— Считай так, — кивнул Журавлев, — А поскольку имен у них нет, ты ему имя дай. Как Фердинанду.
Многие присутствующие уважительно кивнули; память водяного обитатели Ржавца и спасенного Фердинандом Выползова почитали.
— Ну, пусть и будет — Антибиотик. — решительно сказал Богдан, — Если коротко — Антибка. Но уж тогда ты, баро Журавлев, мне за него поручителем. Трудные вы люди, вот что…
Первый раз за все время подал голос Глинский. Он смотрел на сцену зачарованно, он уже понял: есть, оказывается, и кавелитствующие черти, хотя в том, что он узнал о странной религии Антибиотика пока имелась только стройная логика и почти никаких фактов, он не сомневался, что и кавелизма там найдется предостаточно — просто иначе никогда не бывает.
— Кавель Модестович, — вторгся он в беседу, — А откуда ты все так точно про чертей знаешь?
Журавлев выпустил облако дыма и лукаво улыбнулся.
— Большой народ вожу по Руси, понимаешь ли. Разное говорят люди, а я их слушаю. Только и всего. А мой народ много знает, фантазирует, правда, еще больше, но в том беды нет, я отличить умею.
Деревянные журавли над поляной сделали что-то вроде одновременного круга почета.

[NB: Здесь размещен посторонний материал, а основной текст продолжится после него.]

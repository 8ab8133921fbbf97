-- ===== src/MeritRank/Bulk/Replies.antt =====
-- The edges of replies that meritrank_init leaves are ones that meritrank_bulk_init selects
-- (meritmolt/schema/ddl.py).
use meritmolt.Prelude.{
  ◌≡◌, refl, sym, ap, ◌∙◌, inl, inr, Bool, true, false, not, some, Among, keep_if-Among,
  Among-keep_if, and_parts, Option-cases,
}
use meritmolt.Text.{Text, same_text, same_text_refl, same_text→≡}
use meritmolt.Subscriptions.{mm_pgmer_prefix}
use meritmolt.MeritRank.{
  Comment, Names, Lake, post_board, find_comment, distinct_from_comment, has_parent,
}
use meritmolt.MeritRank.Nodes.{Node, user_node, comment_node, prefix_plain, is_hit}
use meritmolt.MeritRank.Touched.{HasParentIn, upvotes_parent}
use meritmolt.MeritRank.Sound.{CommentIn, IsSound, comment_in}
use meritmolt.MeritRank.Bulk.{
  select, group_by, replies, same_reply, reply_edge, answers_other, parent_row, parent_id_of,
}
use meritmolt.MeritRank.Bulk.Groups.{group_found, group_by-Among}
use meritmolt.MeritRank.Bulk.Rows.{row_hits-is_hit}
use meritmolt.MeritRank.Bulk.Counted.{Answered, answered}
use meritmolt.MeritRank.Bulk.Covered.{IsAmongst, select_row}

module _ (names : Names) (lake : Lake) (sound : IsSound lake) where
  abbrev answers : Comment → Bool
  answers c = answers_other lake.posts c.author_id (parent_row lake.comments c.parent_id)

  abbrev pub parent_of : Comment → Text
  parent_of c = parent_id_of (parent_row lake.comments c.parent_id)

  answer_of :
      (c : Comment)
      → Among c (replies names lake.posts lake.comments)
      → Answered lake.posts lake.comments c
  answer_of c m =
      let (k, t) = Among-keep_if answers lake.comments c m in
      answered lake.posts lake.comments c (comment_in lake sound c k) t

  parent_of_answer :
      (c : Comment) (a : Answered lake.posts lake.comments c) → parent_of c ≡ a.parent_id
  parent_of_answer c a =
      let e : parent_row lake.comments c.parent_id ≡ some a.row = rw (a.is_parent, a.found) refl in
      rw e a.same_id

  -- Two rows of one group have the same author and parent.
  same_group :
      (x y : Comment)
      → Answered lake.posts lake.comments x
      → Answered lake.posts lake.comments y
      → same_reply names lake.posts lake.comments x y ≡ true
      → (y.author_id ≡ x.author_id) × (y.parent_id ≡ x.parent_id)
  same_group x y a c h =
      let (p, q) =
        and_parts (same_text y.author_id x.author_id) (has_parent y.parent_id (parent_of x)) h in
      let r : same_text c.parent_id (parent_of x) ≡ true = rw c.is_parent at q in
      let e = same_text→≡ c.parent_id (parent_of x) r ∙ parent_of_answer x a in
      (same_text→≡ y.author_id x.author_id p, c.is_parent ∙ ap (λ i. some i) e ∙ sym a.is_parent)

  reply_chain :
      (x y z : Comment)
      → Answered lake.posts lake.comments x
      → Answered lake.posts lake.comments y
      → same_reply names lake.posts lake.comments x y ≡ true
      → same_reply names lake.posts lake.comments y z ≡ true
      → same_reply names lake.posts lake.comments x z ≡ true
  reply_chain x y z a c h k = let (e, f) = same_group x y a c h in rw (← e, ← f) k

  reply_self :
      (x : Comment)
      → Answered lake.posts lake.comments x
      → same_reply names lake.posts lake.comments x x ≡ true
  reply_self x a =
      rw (parent_of_answer x a, a.is_parent, same_text_refl x.author_id)
        (same_text_refl a.parent_id)

  upvoter_answers :
      (s d : Node) (b : Text) (c : Comment)
      → CommentIn lake.posts lake.comments c
      → upvotes_parent names lake.posts lake.comments s d b c c.parent_id ≡ true
      → answers c ≡ true
  upvoter_answers s d b c h t = elim (Option-cases c.parent_id) [
    | inl n ↦ absurd (let e : false ≡ true = rw n at t in cc)
    | inr (i, e) ↦
        let parent : HasParentIn lake.comments c.post_id (some i) = rw e at h.parent in
        let (row, found, same) = parent in
        let u : upvotes_parent names lake.posts lake.comments s d b c (some i) ≡ true = rw e at t in
        let other =
          (and_parts (distinct_from_comment c.author_id (find_comment lake.comments i))
            (is_hit s d b (user_node c.author_id) (comment_node i)
              (post_board names lake.posts c.post_id))
            u).0 in
        let differs : not (same_text c.author_id row.author_id) ≡ true = rw found at other in
        rw (e, found, same, h.on_post) differs
  ]

  -- The author's edge to another's comment.
  pub reply_row :
      (s d : Node) (b : Text) (c : Comment)
      → Among c lake.comments
      → upvotes_parent names lake.posts lake.comments s d b c c.parent_id ≡ true
      → IsAmongst s d b (
          select (reply_edge names lake.posts lake.comments) (
            group_by
              (same_reply names lake.posts lake.comments)
              (replies names lake.posts lake.comments)))
  unfolding reply_edge
  reply_row s d b c m t =
      let posts = lake.posts in
      let comments = lake.comments in
      let h = comment_in lake sound c m in
      let o = upvoter_answers s d b c h t in
      let a = answered posts comments c h o in
      let (x, k, u) =
        group_found (same_reply names posts comments) (replies names posts comments) c
          (λ y n. reply_self y (answer_of y n))
          (λ y z w n l. reply_chain y z w (answer_of y n) (answer_of z l))
          (keep_if-Among answers comments c m o) in
      let (e, f) = same_group x c (answer_of x (group_by-Among _ _ x k)) a u in
      let edge = reply_edge names posts comments x in
      let row_of : parent_row comments c.parent_id ≡ some a.row = rw (a.is_parent, a.found) refl in
      let row_of_x : parent_row comments x.parent_id ≡ some a.row = rw (← f) row_of in
      let board : edge.context ≡ post_board names posts c.post_id =
        rw (row_of_x, a.same_post) refl in
      let (other, hit) =
        and_parts (distinct_from_comment c.author_id (find_comment comments a.parent_id))
          (is_hit s d b (user_node c.author_id) (comment_node a.parent_id)
            (post_board names posts c.post_id))
          (rw a.is_parent at t) in
      select_row s d b (reply_edge names posts comments) _ x k (
        row_hits-is_hit s d b (user_node c.author_id) (comment_node a.parent_id) edge
          (ap (mm_pgmer_prefix 85) (sym e) ∙ prefix_plain 85 c.author_id h.plain.1)
          (ap (λ r. mm_pgmer_prefix 67 (parent_id_of r)) row_of_x
            ∙ ap (mm_pgmer_prefix 67) a.same_id
            ∙ prefix_plain 67 a.parent_id a.plain_id)
        ∙ (rw board hit))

— Лады, годится, — вдруг согласился Богдан, — Если эта ваша плесень еще и ходить умеет, как человек, возьму лакеем. Галунным. Наряжу в мундир из обрезков, пусть природу собой украшает. Пугать кого надо тоже хорошо можно, а то Терзая после мойвиных обосратушек уже и не боится никто… Пусть обороняет.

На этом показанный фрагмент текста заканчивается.